Aux dessins, Jason Copland produit des planches qui ne me séduisent pas franchement. Je trouve le style assez grossier dès qu’on a affaire à des humains. Les créatures extra-terrestres dont
le Rocket Raccoon sont nettement mieux traitées.

Et si Norman Osborn s’était emparé du Gant de l’Infini ? (avec Goran Sudzuka)

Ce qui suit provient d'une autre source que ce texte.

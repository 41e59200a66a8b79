-- ===== src/Retries.antt =====
-- server/job/executor.go: scheduleRetry, which plans the next run of a job that failed. The rows of the
-- database that it reads and writes are the state; which of its queries fail is a parameter. It takes no
-- lock and no transaction, so each of its queries is a step of its own: between two of them, other calls
-- for the job may come. Times are milliseconds.
pub mod Overlap
pub mod Bound
mod Examples
use solocoder_6069_go_drive.Common.{
  map, ℕ, ◌+◌, ◌*◌, Bool, true, false, leb, List, [], ◌∷◌, if◌then◌else◌, Option, none, some, zero,
  suc,
}

-- types.JobRetryConfig, without its ids
pub record RetryConfig : Type 0 where
  pub retry_enabled : Bool
  pub retry_interval_minutes : ℕ
  pub max_retries : ℕ
  pub retry_count : ℕ
  pub next_retry_at : ℕ

-- The row of the job, the ids of the runs that are marked as dead letters, and the goroutines that were
-- started: each waits for a time and then runs the job with a retry count.
pub record RetryState : Type 0 where
  pub config : Option RetryConfig
  pub dead_letters : List ℕ
  pub planned : List (ℕ × ℕ)

-- Does GetByJobId, MarkAsDeadLetter, UpdateRetryCount, UpdateNextRetryAt fail?
pub record QueryFailures : Type 0 where
  pub get_fails : Bool
  pub mark_fails : Bool
  pub count_fails : Bool
  pub next_fails : Bool

-- What is left of a call once it has read the row: MarkAsDeadLetter with the id of the run; or
-- UpdateRetryCount with the next count and the time of the retry; or UpdateNextRetryAt with both.
pub data Retrying : Type 0 where
  marking : (id : ℕ) → Retrying
  counting timing : (count at : ℕ) → Retrying

-- A call goes on, or answers.
pub data Progressed : Type 0 where
  goes_on : Retrying → Progressed
  answers : Bool → Progressed

-- MarkAsDeadLetter
unfoldable pub mark_as_dead_letter : QueryFailures → ℕ → RetryState → RetryState
mark_as_dead_letter x id s =
    if x.mark_fails then s else record s { dead_letters = id ∷ s.dead_letters }

-- The part of scheduleRetry from GetByJobId to its first write.
unfoldable pub decide_retry : ℕ → ℕ → RetryConfig → Progressed
decide_retry now id c =
    if c.retry_enabled
    then if leb c.max_retries c.retry_count
      then goes_on (marking id)
      else goes_on (counting (c.retry_count + 1) (now + c.retry_interval_minutes * 60 * 1000))
    else answers false

unfoldable pub read_retry : QueryFailures → ℕ → ℕ → Option RetryConfig → Progressed
unfolding decide_retry
read_retry x now id none = answers false
read_retry x now id (some c) = if x.get_fails then answers false else decide_retry now id c

-- UpdateRetryCount and UpdateNextRetryAt, which write one column of the row that is there then.
unfoldable pub count_row : ℕ → Option RetryConfig → Option RetryConfig
count_row n none = none
count_row n (some c) = some (record c { retry_count = n })

unfoldable pub time_row : ℕ → Option RetryConfig → Option RetryConfig
time_row at none = none
time_row at (some c) = some (record c { next_retry_at = at })

-- The next query of a call, and behind the last one the goroutine.
unfoldable pub proceed : QueryFailures → Retrying → RetryState → Progressed × RetryState
unfolding mark_as_dead_letter count_row time_row
proceed x (marking id) s = (answers false, mark_as_dead_letter x id s)
proceed x (counting count at) s =
    if x.count_fails
    then (answers false, s)
    else (goes_on (timing count at), record s { config = count_row count s.config })
proceed x (timing count at) s = if x.next_fails then (answers false, s) else (
  answers true,
  record s { config = time_row at s.config; planned = (at, count) ∷ s.planned },
)

-- A call that no other one interrupts: behind the row, at most two queries.
unfoldable pub go_on : ℕ → QueryFailures → Progressed × RetryState → Progressed × RetryState
unfolding proceed
go_on zero x r = r
go_on (suc n) x (answers b, s) = (answers b, s)
go_on (suc n) x (goes_on p, s) = go_on n x (proceed x p s)

unfoldable pub schedule_retry : QueryFailures → ℕ → ℕ → RetryState → Progressed × RetryState
unfolding go_on read_retry
schedule_retry x now id s = go_on 2 x (read_retry x now id s.config, s)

Cet épisode montre que Willamson connaît sa Quatrième Dimension sur le bout des doigts. En fait, cet épisode est un "double" What If ? puisqu’on considère non seulement qu’Osborn et ses Dark Avengers
sont toujours en activité et que celui-ci a en sa possession le gant de l’Infini. Peu de rapport avec la structure même d’Infinity si ce n’est que les Vengeurs sont dans une situation de combat. Contrairement au
récit sur les Inhumains, Willamson va jusqu’au bout des possibilités du Gant et de ce que Norman Osborn peut en faire. La conclusion est d’une logique imparable même si on peut penser qu’Osborn agit surtout sous le coup
de la colère et se révèle finalement peu malin. Ceci étant, le scénariste connaît bien le personnage et montre que le Gant lui permet d’asseoir sa folie jusqu’au bout dans une scène assez terrifiante et formidablement mise en scène.

Il faut dire que Goran Sudzuka est à bord et qu’il gère assez bien toute cette histoire. Le dessin est propre avec encore de superbes personnages mais j’ai encore bout de mal avec la colorisation qui ne rend pas justice à l’ensemble et surtout qui ne masque pas un manque
de décor à certains moments.

Et si les X-Men étaient des réfugiés de l’espace ? (avec Mike Norton)

Pour terminer, un épisode où Williamson joue probablement les fanboys et se sert de Rocket pour lui donner ce qui lui a longtemps pendu au bout du nez. Il joue aussi la carte du AvX, bien sûr dans une dimension bien plus petite. De quoi mettre en scène là encore, un combat perdu et
le meilleur moyen pour survivre. On pourrait presque coupler ce récit à celui des Gardiens de la Galaxie qui sont absents de ce récit pour plus de commodité.

Aux dessins, Mike Norton fournit exactement tout ce qu’on attend de lui : des planches propres fines et bien mises en scène.

Au final, ce numéro vaut surtout pour les scénarios et les idées intéressantes qu’ils développent. Dommage que Marvel ne prenne pas de décisions aussi radicales dans certaines de ces séries régulières.

P.S. Ah oui, il y a un mini-récit en conclusion le Destructeur et Thanos. Très anecdotique et très classique, malgré la présence de Mike Zeck aux dessins.